# 67 Upper Control Arm Rain Guard Question



## mgrablin (Sep 23, 2014)

Folks, I am refreshing a 67 Sedan and wish to install the OEM style inner fender well rain shields. From the looks of a mark in the dealer installed undercoat, it appears that the shields were placed on the outer side of the inner fender well with the staple bent end on the inside. Would also appreciate any helpful insights on the best method of bending the ends of the staples so they appear factory installed. I assume drilling two small holes is the best method to penetrate the fender well. Surprisingly there are no apparent prior holes in the inner fender well.


----------



## 666bbl (Apr 13, 2014)

Are they out or in the car?
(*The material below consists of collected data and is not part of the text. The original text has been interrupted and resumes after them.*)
-- ===== src/Provision/Acceptance.antt =====
-- From the owner's server to the store of the device: sealing, transfer and commit together
-- (firmware/ephemerkey-provision/src/lib.rs, firmware/ephemerkey-envelope/src/lib.rs).
use ephemerkey.Common.{
  ℕ, ◌+◌, ◌<◌, ◌≤◌, ◌≡◌, refl, ap, ◌∙◌, inl, inr, true, false, Option, none, some, ◌==◌, leb, ◌&&◌,
  List, [], ◌∷◌, ◌++◌, length, arith,
}
use ephemerkey.Cbor.{ok}
use ephemerkey.Envelope.{sign1_write, seal_write_with}
use ephemerkey.Envelope.Signing.{SignLaws, sign1_verify-sign1_write, sign1_verify_sound}
use ephemerkey.Envelope.Sealing.{SealLaws, open_with-seal_write_with}
use ephemerkey.Wire.{crc32}
use ephemerkey.Provision.{
  StoreOps, Crates, Identity, Xfer, Provisioner, Response, config_max, config_begin, config_commit,
}
use ephemerkey.Provision.Verify.{
  pass, Verified, bound_to_other, is_some, verify_blob, verify_inner, commit, commit_xfer,
  commit_checked,
}
use ephemerkey.Provision.Session.{handle, handle_all}
use ephemerkey.Provision.Authority.{FreeFor, IsNewer, eq_bytes_refl, finish-store}
use ephemerkey.Provision.Delivery.{
  chunk_frames, joined, begin_payload, Holding, handle_begin, chunks-Holding,
}

-- The frames that carry a blob, in pieces, to a device.
abbrev pub transfer : ℕ → ℕ → ℕ → List (List ℕ) → List (ℕ × List ℕ)
transfer len seq crc cs =
    (config_begin, begin_payload len seq crc) ∷ chunk_frames 0 cs ++ (config_commit, []) ∷ []

not_other :
    (bound : Option (List ℕ)) (owner : List ℕ)
    → FreeFor owner bound
    → bound_to_other bound owner ≡ false
not_other bound owner (inl fresh) = rw fresh refl
not_other bound owner (inr held) = rw (held, eq_bytes_refl owner) refl

not_stale :
    (bound : Option (List ℕ)) (last seq : ℕ)
    → IsNewer seq last bound
    → (is_some bound && leb seq last) ≡ false
not_stale bound last seq (inl fresh) = rw fresh refl
not_stale none last seq (inr above) = refl
not_stale (some owner) last seq (inr above) = ground arith

-- A config as its owner's server signs it and seals it to a device.
pub record Built (crates : Crates) (id : Identity) (secret config : List ℕ) (seq : ℕ)
    (blob : List ℕ) : Type 0 where
  pub inner : List ℕ
  pub target : List ℕ
  pub eph_secret : List ℕ
  pub iv : List ℕ
  pub room : ℕ
  pub room' : ℕ
  pub signed :
      sign1_write crates.crypto room
        (config_max + 256)
        config
        (some (crates.public_key secret))
        secret
      ≡ ok inner
  pub sealed :
      seal_write_with crates.crypto room' inner
        (crates.crypto.kx_public id.kx_priv)
        seq
        target
        eph_secret
        iv
      ≡ ok blob
  pub config_fits : length config ≤ config_max
  pub inner_fits : length inner ≤ config_max
  pub target_fits : length target ≤ 12
  pub iv_length : length iv ≡ 12

module _ {S : Type 0} (ops : StoreOps S) (crates : Crates) where
  handle_all-append :
      (fs gs : List (ℕ × List ℕ)) (p : Provisioner S)
      → (handle_all ops crates p (fs ++ gs)).0
        ≡ (handle_all ops crates (handle_all ops crates p fs).0 gs).0
  unfolding handle_all
  handle_all-append [] gs p = refl
  handle_all-append ((ftype, payload) ∷ fs) gs p =
      handle_all-append fs gs (handle ops crates p ftype payload).0

  -- A device that would take the owner and the number.
  pub record Open (store : S) (owner config : List ℕ) (seq : ℕ) : Type 0 where
    pub owner_length : length owner ≡ 32
    pub key : crates.is_key owner ≡ true
    pub free : FreeFor owner (ops.owner_pub store)
    pub newer : IsNewer seq (ops.seq store) (ops.owner_pub store)
    pub valid : ops.validate_config store config ≡ true
    pub word32 : seq < 4294967296

  module _ (sign_laws : SignLaws crates.crypto crates.public_key)
      (seal_laws : SealLaws crates.crypto) where
    pub verify_blob_passes :
        (store : S) (id : Identity) (secret config : List ℕ) (seq : ℕ) (blob : List ℕ)
        → Built crates id secret config seq blob
        → Open store (crates.public_key secret) config seq
        → verify_blob ops crates store id blob seq
          ≡ pass (record { owner = crates.public_key secret; seq = seq; config = config })
    unfolding verify_blob verify_inner
    verify_blob_passes store id secret config seq blob b o =
        let owner = crates.public_key secret in
        let opened =
          (open_with-seal_write_with crates.crypto b.room' config_max seq b.inner id.kx_priv
            b.target b.eph_secret b.iv blob seal_laws (omega (arith, b.inner_fits)) b.inner_fits
            (omega (arith, b.target_fits)) b.iv_length (omega (arith, o.word32)) b.sealed).1 in
        let verified =
          sign1_verify-sign1_write crates.crypto crates.public_key sign_laws b.room
            (config_max + 256) config (some owner) secret b.inner (omega (arith, o.owner_length))
            (omega (arith, b.config_fits)) b.signed in
        let (s, message, bs, n, parsed, payload, named, c, f, g, k) =
          sign1_verify_sound crates.crypto b.inner (config_max + 256) owner config (some owner)
            verified in
        let same : (seq == seq) ≡ true = ground arith in
        let fresh = not_stale (ops.owner_pub store) (ops.seq store) seq o.newer in
        let unbound = not_other (ops.owner_pub store) owner o.free in
        rw (opened, same, fresh, parsed, named)
          (rw (o.owner_length, unbound, o.key, verified, o.valid) refl)

    held_commit :
        (p : Provisioner S) (store : S) (id : Identity) (x : Xfer) (blob : List ℕ) (v : Verified)
        → Holding ops crates p store id x blob
        → x.len ≡ length blob
        → x.crc ≡ crc32 blob
        → verify_blob ops crates store id blob x.seq_hint ≡ pass v
        → (handle ops crates p config_commit []).0.store
          ≡ (ops.commit store v.owner v.seq v.config).0
    unfolding handle commit commit_xfer commit_checked
    held_commit p store id x blob v h full checksum passed =
        let same : (length blob == length blob) ≡ true = ground arith in
        let right : (crc32 blob == crc32 blob) ≡ true = ground arith in
        rw (h.begun, full, h.held, checksum, same, right, h.stored, h.same_id)
          (rw passed
            (finish-store ops crates (record p { xfer = none; store = store; id = id }) blob v
              (ops.commit store v.owner v.seq v.config)).0)

    -- Under the laws of the primitives: a config that its owner signs with a key of 32 bytes and seals
    -- to the device, that is sent in any division into pieces with its number, its length of 1 to 4096
    -- bytes and its checksum, reaches the store of a device that is unbound, or bound to that owner at a
    -- lower number, and takes it for valid: the store is what its `commit` leaves.
    pub transfer-commit :
        (p : Provisioner S) (secret config : List ℕ) (seq : ℕ) (cs : List (List ℕ))
        → Built crates p.id secret config seq (joined cs)
        → Open p.store (crates.public_key secret) config seq
        → 0 < length (joined cs)
        → length (joined cs) ≤ config_max
        → crc32 (joined cs) < 4294967296
        → (handle_all ops crates p
            (transfer (length (joined cs)) seq (crc32 (joined cs)) cs)).0.store
          ≡ (ops.commit p.store (crates.public_key secret) seq config).0
    unfolding handle_all
    transfer-commit p secret config seq cs b o lo hi lc =
        let blob = joined cs in
        let x : Xfer = record { len = length blob; filled = 0; seq_hint = seq; crc = crc32 blob } in
        let begun = handle_begin ops crates p (length blob) seq (crc32 blob) lo hi o.word32 lc in
        let start : Holding ops crates (record p { xfer = some x }) p.store p.id x [] = record {
          stored = refl;
          same_id = refl;
          begun = refl;
          held = refl;
        } in
        let held =
          chunks-Holding ops crates cs (record p { xfer = some x }) p.store p.id x [] start hi
            (omega arith) in
        let passed = verify_blob_passes p.store p.id secret config seq blob b o in
        let rest = chunk_frames 0 cs ++ (config_commit, []) ∷ [] in
        ap (λ (r : Provisioner S × Response). (handle_all ops crates r.0 rest).0.store) begun
        ∙ (ap (λ (q : Provisioner S). q.store)
              (handle_all-append (chunk_frames 0 cs) ((config_commit, []) ∷ [])
                (record p { xfer = some x }))
            ∙ held_commit (handle_all ops crates (record p { xfer = some x }) (chunk_frames 0 cs)).0
                p.store p.id x blob _ held refl refl passed)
Either way (just easier out) I have a little bit of a cheat for this. Get some softer stainless welding wire and clip your own "staples" out of it. The day judges get out calipers to measure staple diameter, I QUIT!! But seriously, close to the right size and easier to bend in such a short distance. And how to bend, I block the back side with a heavy body dolly and take an old flat blade driver with a notch ground in the end to get them started over, finish with a gentle tap from a clean mid size hammer. I too am surprised you don't see the OEM holes, but it is 2014. Easy to forget the several eras of muscle car renaissance periods and they could be "old" repros.


----------